Dam is a 5th Gen mini nubian. She is a great momma this was her first!


----------



## Goatastic43 (Jun 11, 2021)

Aww! Beautiful girl! Congratulations on being done!


----------



## Moers kiko boars (Apr 23, 2018)

What a precious doeling!💗 Congrats!


----------



## Rancho Draco (Sep 29, 2021)

Congratulations! She's beautiful


----------



## MellonFriend (Aug 8, 2017)

What a beauty! Both mom and baby! I love that red cheek coloration. Congratulations on the end of your kidding season!


----------



## ksalvagno (Oct 6, 2009)

Cute!


----------



## Boer Mama (10 mo ago)

Beautiful mama and baby 🥰


----------



## alwaystj9 (Apr 10, 2019)

Very pretty pair!


----------



## toth boer goats (Jul 20, 2008)

Aww.


----------



## Hounddog23 (Jan 13, 2021)

So freakin precious!! Congratulations 🤗


----------



## Feira426 (Dec 11, 2019)

Oh my goodness! Your little mama there is my Suki’s doppelgänger!!

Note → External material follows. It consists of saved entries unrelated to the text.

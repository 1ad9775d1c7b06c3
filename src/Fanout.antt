-- ===== src/Fanout.antt =====
-- backend/app/workers/handlers/fanout.py and has_current_legal_consent of backend/app/core/consent.py.
-- The tables are lists of rows; a row is saved by its primary key. A send can fail, which ends the
-- invocation with the rows committed so far; a failing database is not modelled. The counters of the
-- closing log line are left out, but for the count returned.
mod Steps
pub mod Sent
pub mod Complete
pub mod Lock
mod Tests
use briefed.Base.{
  ℕ, ◌+◌, ◌≤◌, String, List, [], ◌∷◌, ◌++◌, map, Bool, true, false, ◌&&◌, not, Option, none, some,
  filter, leb, str_eq, length, if◌then◌else◌,
}
use briefed.Tables.{User, ConnectedAccount, RunStats, DigestRun, Db, save_user}
use briefed.Schedule.{Zones, UserScheduleView, lock_stale_after, is_due}

pub record IngestMessage : Type 0 where
  pub user_id : String
  pub account_id : String
  pub run_id : String
  pub store_raw_mime : Bool

-- What the handler is given: the zones, the ids that `new_uuid` hands out, whether the queue takes
-- a message, by the messages taken before, and the fields of `FanoutDeps`.
pub record Deps : Type 0 where
  pub zones : Zones
  pub new_uuid : ℕ → String
  pub accepts : List IngestMessage → IngestMessage → Bool
  pub environment : String
  pub store_raw_mime : Bool

-- The invocation so far: the tables, the messages sent, the ids handed out, the count.
pub record State : Type 0 where
  pub db : Db
  pub sent : List IngestMessage
  pub ids : ℕ
  pub enqueued : ℕ

-- `CURRENT_PRIVACY_POLICY_VERSION` and `CURRENT_TERMS_VERSION`
abbrev current_privacy_policy_version : ℕ
current_privacy_policy_version = 1

abbrev current_terms_version : ℕ
current_terms_version = 1

unfoldable pub has_current_legal_consent : User → Bool
has_current_legal_consent user =
    leb current_privacy_policy_version user.privacy_policy_version_accepted
    && leb current_terms_version user.terms_version_accepted

-- `_schedule_view`
abbrev pub schedule_view : User → UserScheduleView
schedule_view user = record {
  schedule_frequency = user.schedule_frequency;
  schedule_times_local = user.schedule_times_local;
  schedule_timezone = user.schedule_timezone;
  last_run_finished_at = user.last_run_finished_at;
  current_run_id = user.current_run_id;
  current_run_started_at = user.current_run_started_at;
}

-- `_has_stale_lock`
unfoldable pub has_stale_lock : ℕ → User → Bool
has_stale_lock now user = elim user.current_run_id [
  | none ↦ false
  | some run_id ↦ elim user.current_run_started_at [
    | none ↦ true
    | some started ↦ leb (started + lock_stale_after) now
  ]
]

-- The fields that the handlers assign, and the save of a row by its key.
abbrev pub with_lock : Option String → Option ℕ → User → User
with_lock run_id started user = record user {
  current_run_id = run_id;
  current_run_started_at = started;
}

-- The first statement: the users that may be scheduled.
abbrev pub is_candidate : Deps → Option String → User → Bool
is_candidate deps user_id user =
    str_eq user.status "active"
    && str_eq user.environment deps.environment
    && not (str_eq user.schedule_frequency "disabled")
    && elim user_id [ none ↦ true | some id ↦ str_eq user.id id ]

-- The second statement: the user's accounts to scan.
abbrev pub is_scanned : User → ConnectedAccount → Bool
is_scanned user account =
    str_eq account.user_id user.id && str_eq account.status "active" && account.auto_scan_enabled

abbrev pub message_for : Deps → User → String → ConnectedAccount → IngestMessage
message_for deps user run_id account = record {
  user_id = user.id;
  account_id = account.id;
  run_id = run_id;
  store_raw_mime = deps.store_raw_mime;
}

-- The inner loop; the flag says whether it ended without an exception.
unfoldable pub send_messages : Deps → User → String → List ConnectedAccount → State → Bool × State
send_messages deps user run_id [] s = (true, s)
send_messages deps user run_id (account ∷ accounts) s =
    let message = message_for deps user run_id account in
    let s' : State = record s { sent = s.sent ++ message ∷ []; enqueued = s.enqueued + 1 } in
    let rest = send_messages deps user run_id accounts s' in
    if deps.accepts s.sent message then rest else (false, s)

-- The run's row and the lock, up to the commit.
unfoldable pub acquire : Deps → ℕ → User → List ConnectedAccount → State → State
acquire deps now user accounts s =
    let run_id = deps.new_uuid s.ids in
    record s {
      ids = s.ids + 1;
      db = record s.db {
        users = save_user user.id (with_lock (some run_id) (some now)) s.db.users;
        runs =
            s.db.runs
            ++ record {
              id = run_id;
              user_id = user.id;
              status = "queued";
              trigger_type = "scheduled";
              started_at = now;
              completed_at = none;
              stats = record {
                ingested = 0;
                classified = 0;
                summarized = 0;
                new_must_read = 0;
                account_ids = map (λ a. a.id) accounts;
              };
              cost_cents = 0;
              error = none;
              tech_news_cluster_enqueued_at = none;
            }
              ∷ [];
      };
    }

-- The body of the loop from `if not accounts` on.
unfoldable pub enqueue : Deps → ℕ → User → List ConnectedAccount → State → Bool × State
enqueue deps now user [] s = (true, s)
enqueue deps now user (a ∷ accounts) s =
    send_messages deps user (deps.new_uuid s.ids) (a ∷ accounts)
      (acquire deps now user (a ∷ accounts) s)

-- The body of the loop over the users.
unfoldable pub fan_out_user : Deps → ℕ → User → State → Bool × State
fan_out_user deps now user s =
    if not (has_current_legal_consent user)
    then (true, s)
    else if not (is_due deps.zones now (schedule_view user))
    then (true, s)
    else enqueue deps now user (filter (is_scanned user) s.db.accounts) s

unfoldable pub fan_out_users : Deps → ℕ → List User → State → Bool × State
fan_out_users deps now [] s = (true, s)
fan_out_users deps now (user ∷ users) s =
    let (completed, s') = fan_out_user deps now user s in
    let rest = fan_out_users deps now users s' in if completed then rest else (false, s')

unfoldable pub run_fanout : Deps → Option String → ℕ → Db → ℕ → Bool × State
run_fanout deps user_id now db ids =
    fan_out_users deps now (filter (is_candidate deps user_id) db.users)
      (record { db = db; sent = []; ids = ids; enqueued = 0 })

-- The end of a run `run_id` on the row that holds it; another row is left as it is.
unfoldable pub clear_lock : String → ℕ → User → User
clear_lock run_id now user = elim user.current_run_id [
  | none ↦ user
  | some held ↦
      if str_eq held run_id
      then record user {
        current_run_id = none;
        current_run_started_at = none;
        last_run_finished_at = some now;
      }
      else user
]

-- `release_user_lock`, at the time `now`.
unfoldable pub release_user_lock : String → String → ℕ → Db → Db
release_user_lock user_id run_id now db = record db {
  users = save_user user_id (clear_lock run_id now) db.users;
}
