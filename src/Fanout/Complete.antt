-- ===== src/Fanout/Complete.antt =====
-- What one tick does not miss.
use mathlib.Core.List.{Memᴰ}
use mathlib.Core.List.Memᴰ
use mathlib.Core.List.Memᴰ.{head}
use briefed.Base.{
  if-elim, filter-mem, ℕ, ◌+◌, ◌≡◌, refl, sym, ap, subst, String, List, [], ◌∷◌, ◌++◌, Bool, true,
  not, Option, filter, arith, inl, inr,
}
use briefed.Schedule.{is_due}
use briefed.Tables.{User, ConnectedAccount, Db}
use briefed.Fanout.{
  IngestMessage, Deps, State, is_candidate, is_scanned, run_fanout, has_current_legal_consent,
  schedule_view, message_for, send_messages, acquire, enqueue, fan_out_user, fan_out_users,
}

-- Some message for the account of the user.
abbrev pub IsSentTo : User → ConnectedAccount → List IngestMessage → Type 0
IsSentTo user account sent =
    (m : IngestMessage) × Memᴰ m sent × (m.user_id ≡ user.id) × (m.account_id ≡ account.id)

module _ (deps : Deps) (now : ℕ) (m : IngestMessage) where
  send_messages-keeps :
      (user : User) (run : String) (todo : List ConnectedAccount) (s : State)
      → Memᴰ m s.sent
      → Memᴰ m (send_messages deps user run todo s).1.sent
  unfolding send_messages
  send_messages-keeps user run [] s h = h
  send_messages-keeps user run (a ∷ todo) s h =
      let m' = message_for deps user run a in
      let s' : State = record s { sent = s.sent ++ m' ∷ []; enqueued = s.enqueued + 1 } in
      if-elim (λ (r : Bool × State). Memᴰ m r.1.sent) (deps.accepts s.sent m')
        (λ _. send_messages-keeps user run todo s' (Memᴰ.append_left (m' ∷ []) h)) (λ _. h)

  enqueue-keeps :
      (user : User) (todo : List ConnectedAccount) (s : State)
      → Memᴰ m s.sent
      → Memᴰ m (enqueue deps now user todo s).1.sent
  unfolding enqueue acquire
  enqueue-keeps user [] s h = h
  enqueue-keeps user (a ∷ todo) s h =
      send_messages-keeps user (deps.new_uuid s.ids) (a ∷ todo) (acquire deps now user (a ∷ todo) s)
        h

  fan_out_user-keeps :
      (user : User) (s : State) → Memᴰ m s.sent → Memᴰ m (fan_out_user deps now user s).1.sent
  unfolding fan_out_user
  fan_out_user-keeps user s h =
      if-elim (λ (r : Bool × State). Memᴰ m r.1.sent) (not (has_current_legal_consent user))
        (λ _. h)
        (λ _.
          if-elim (λ (r : Bool × State). Memᴰ m r.1.sent)
            (not (is_due deps.zones now (schedule_view user))) (λ _. h)
            (λ _. enqueue-keeps user (filter (is_scanned user) s.db.accounts) s h))

  fan_out_users-keeps :
      (todo : List User) (s : State) → Memᴰ m s.sent → Memᴰ m (fan_out_users deps now todo s).1.sent
  unfolding fan_out_users
  fan_out_users-keeps [] s h = h
  fan_out_users-keeps (user ∷ todo) s h =
      let h' = fan_out_user-keeps user s h in
      if-elim (λ (r : Bool × State). Memᴰ m r.1.sent) (fan_out_user deps now user s).0
        (λ _. fan_out_users-keeps todo (fan_out_user deps now user s).1 h') (λ _. h')

module _ (deps : Deps) (now : ℕ) where
  send_messages-sends :
      (user : User) (run : String) (account : ConnectedAccount) (todo : List ConnectedAccount)
      (s : State)
      → Memᴰ account todo
      → (send_messages deps user run todo s).0 ≡ true
      → IsSentTo user account (send_messages deps user run todo s).1.sent
  unfolding send_messages
  send_messages-sends user run account [] s listed completed = absurd (Memᴰ.not-nil listed)
  send_messages-sends user run account (a ∷ todo) s listed completed =
      let m' = message_for deps user run a in
      let s' : State = record s { sent = s.sent ++ m' ∷ []; enqueued = s.enqueued + 1 } in
      if-elim (λ (r : Bool × State). r.0 ≡ true → IsSentTo user account r.1.sent)
        (deps.accepts s.sent m')
        (λ _ done. elim (Memᴰ.cases_cons listed) [
          | inl e ↦ (
            m',
            send_messages-keeps deps now m' user run todo s' (Memᴰ.append_right s.sent (head refl)),
            refl,
            ap (λ (x : ConnectedAccount). x.id) (sym e),
          )
          | inr later ↦ send_messages-sends user run account todo s' later done
        ])
        (λ _ stopped. absurd (ground arith)) completed

  enqueue-sends :
      (user : User) (account : ConnectedAccount) (todo : List ConnectedAccount) (s : State)
      → Memᴰ account todo
      → (enqueue deps now user todo s).0 ≡ true
      → IsSentTo user account (enqueue deps now user todo s).1.sent
  unfolding enqueue
  enqueue-sends user account [] s listed completed = absurd (Memᴰ.not-nil listed)
  enqueue-sends user account (a ∷ todo) s listed completed =
      send_messages-sends user (deps.new_uuid s.ids) account (a ∷ todo)
        (acquire deps now user (a ∷ todo) s) listed completed

  send_messages-accounts :
      (user : User) (run : String) (todo : List ConnectedAccount) (s : State)
      → (send_messages deps user run todo s).1.db.accounts ≡ s.db.accounts
  unfolding send_messages
  send_messages-accounts user run [] s = refl
  send_messages-accounts user run (a ∷ todo) s =
      let m = message_for deps user run a in
      let s' : State = record s { sent = s.sent ++ m ∷ []; enqueued = s.enqueued + 1 } in
      if-elim (λ (r : Bool × State). r.1.db.accounts ≡ s.db.accounts) (deps.accepts s.sent m)
        (λ _. send_messages-accounts user run todo s') (λ _. refl)

  enqueue-accounts :
      (user : User) (todo : List ConnectedAccount) (s : State)
      → (enqueue deps now user todo s).1.db.accounts ≡ s.db.accounts
  unfolding enqueue acquire
  enqueue-accounts user [] s = refl
  enqueue-accounts user (a ∷ todo) s =
      send_messages-accounts user (deps.new_uuid s.ids) (a ∷ todo)
        (acquire deps now user (a ∷ todo) s)

  fan_out_user-accounts :
      (user : User) (s : State) → (fan_out_user deps now user s).1.db.accounts ≡ s.db.accounts
  unfolding fan_out_user
  fan_out_user-accounts user s =
      if-elim (λ (r : Bool × State). r.1.db.accounts ≡ s.db.accounts)
        (not (has_current_legal_consent user)) (λ _. refl)
        (λ _.
          if-elim (λ (r : Bool × State). r.1.db.accounts ≡ s.db.accounts)
            (not (is_due deps.zones now (schedule_view user))) (λ _. refl)
            (λ _. enqueue-accounts user (filter (is_scanned user) s.db.accounts) s))

module _ (deps : Deps) (now : ℕ) (user : User) (account : ConnectedAccount)
    (consented : has_current_legal_consent user ≡ true)
    (due : is_due deps.zones now (schedule_view user) ≡ true)
    (scanned : is_scanned user account ≡ true) where
  fan_out_user-sends :
      (s : State)
      → Memᴰ account s.db.accounts
      → (fan_out_user deps now user s).0 ≡ true
      → IsSentTo user account (fan_out_user deps now user s).1.sent
  unfolding fan_out_user
  fan_out_user-sends s owned =
      let Sends = λ (r : Bool × State). r.0 ≡ true → IsSentTo user account r.1.sent in
      if-elim Sends (not (has_current_legal_consent user)) (λ refused. absurd (ground arith))
        (λ _.
          if-elim Sends (not (is_due deps.zones now (schedule_view user)))
            (λ early. absurd (ground arith))
            (λ _ completed.
              enqueue-sends deps now user account (filter (is_scanned user) s.db.accounts) s
                (filter-mem (is_scanned user) s.db.accounts account owned scanned) completed))

  fan_out_users-sends :
      (todo : List User) (s : State)
      → Memᴰ user todo
      → Memᴰ account s.db.accounts
      → (fan_out_users deps now todo s).0 ≡ true
      → IsSentTo user account (fan_out_users deps now todo s).1.sent
  unfolding fan_out_users
  fan_out_users-sends [] s listed owned completed = absurd (Memᴰ.not-nil listed)
  fan_out_users-sends (u ∷ todo) s listed owned completed =
      let s' : State = (fan_out_user deps now u s).1 in
      let Sends = λ (r : Bool × State). r.0 ≡ true → IsSentTo user account r.1.sent in
      let owned' = subst (Memᴰ account) (sym (fan_out_user-accounts deps now u s)) owned in
      if-elim Sends (fan_out_user deps now u s).0
        (λ reached done. elim (Memᴰ.cases_cons listed) [
          | inl e ↦
              let (m, sent, to_user, to_account) =
                fan_out_user-sends s owned
                  (subst (λ v. (fan_out_user deps now v s).0 ≡ true) (sym e) reached) in
              (
                m,
                fan_out_users-keeps deps now m todo s'
                    (subst (λ v. Memᴰ m (fan_out_user deps now v s).1.sent) e sent),
                to_user,
                to_account,
              )
          | inr later ↦ fan_out_users-sends todo s' later owned' done
        ])
        (λ stopped done. absurd (ground arith)) completed

-- A tick that ends without an exception has sent, for every candidate user who has consented and is
-- due, a message for each of the user's own accounts that are active and scanned.
pub run_fanout-sends :
    (deps : Deps) (user_id : Option String) (now : ℕ) (db : Db) (ids : ℕ)
    → (run_fanout deps user_id now db ids).0 ≡ true
    → (user : User) (account : ConnectedAccount)
    → Memᴰ user (filter (is_candidate deps user_id) db.users)
    → has_current_legal_consent user ≡ true
    → is_due deps.zones now (schedule_view user) ≡ true
    → Memᴰ account db.accounts
    → is_scanned user account ≡ true
    → IsSentTo user account (run_fanout deps user_id now db ids).1.sent
unfolding run_fanout
run_fanout-sends deps user_id now db ids completed user account listed consented due owned scanned =
    fan_out_users-sends deps now user account consented due scanned
      (filter (is_candidate deps user_id) db.users)
      (record { db = db; sent = []; ids = ids; enqueued = 0 }) listed owned completed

How amazing. I don’t think I’ve ever seen another red cheek mahogany on here - and Suki’s also a Mini Nubian! Sixth gen.

What are the odds?!

That little baby is freaking adorable, too! 🥰
Congrats!


----------



## BrookviewFarm (Apr 8, 2021)

Feira426 said:


> Oh my goodness! Your little mama there is my Suki’s doppelgänger!!
> View attachment 231435
> 
> 
> ...


Wow that's crazy! Even seem to have the highlights in the same areas. Olive is an awesome goat.


----------



## Feira426 (Dec 11, 2019)

She’s beautiful!

That little one is just as cute as a button, too! What a darling. Who is the father?


----------



## BrookviewFarm (Apr 8, 2021)

Feira426 said:


> She’s beautiful!
> 
> That little one is just as cute as a button, too! What a darling. Who is the father?


Father is from another farm here in CT


----------



## KY Goat Girl (12 mo ago)

Aww! She’s adorable! And that’s crazy you and Feira426’s does look alike!


----------



## BrookviewFarm (Apr 8, 2021)

KY Goat Girl said:


> Aww! She’s adorable! And that’s crazy you and Feira426’s does look alike!


Right? Plus she is an awesome goat!

One of the kids I kept this year is a handful. She jumps right over the stall walls like they aren't even there. Lol


----------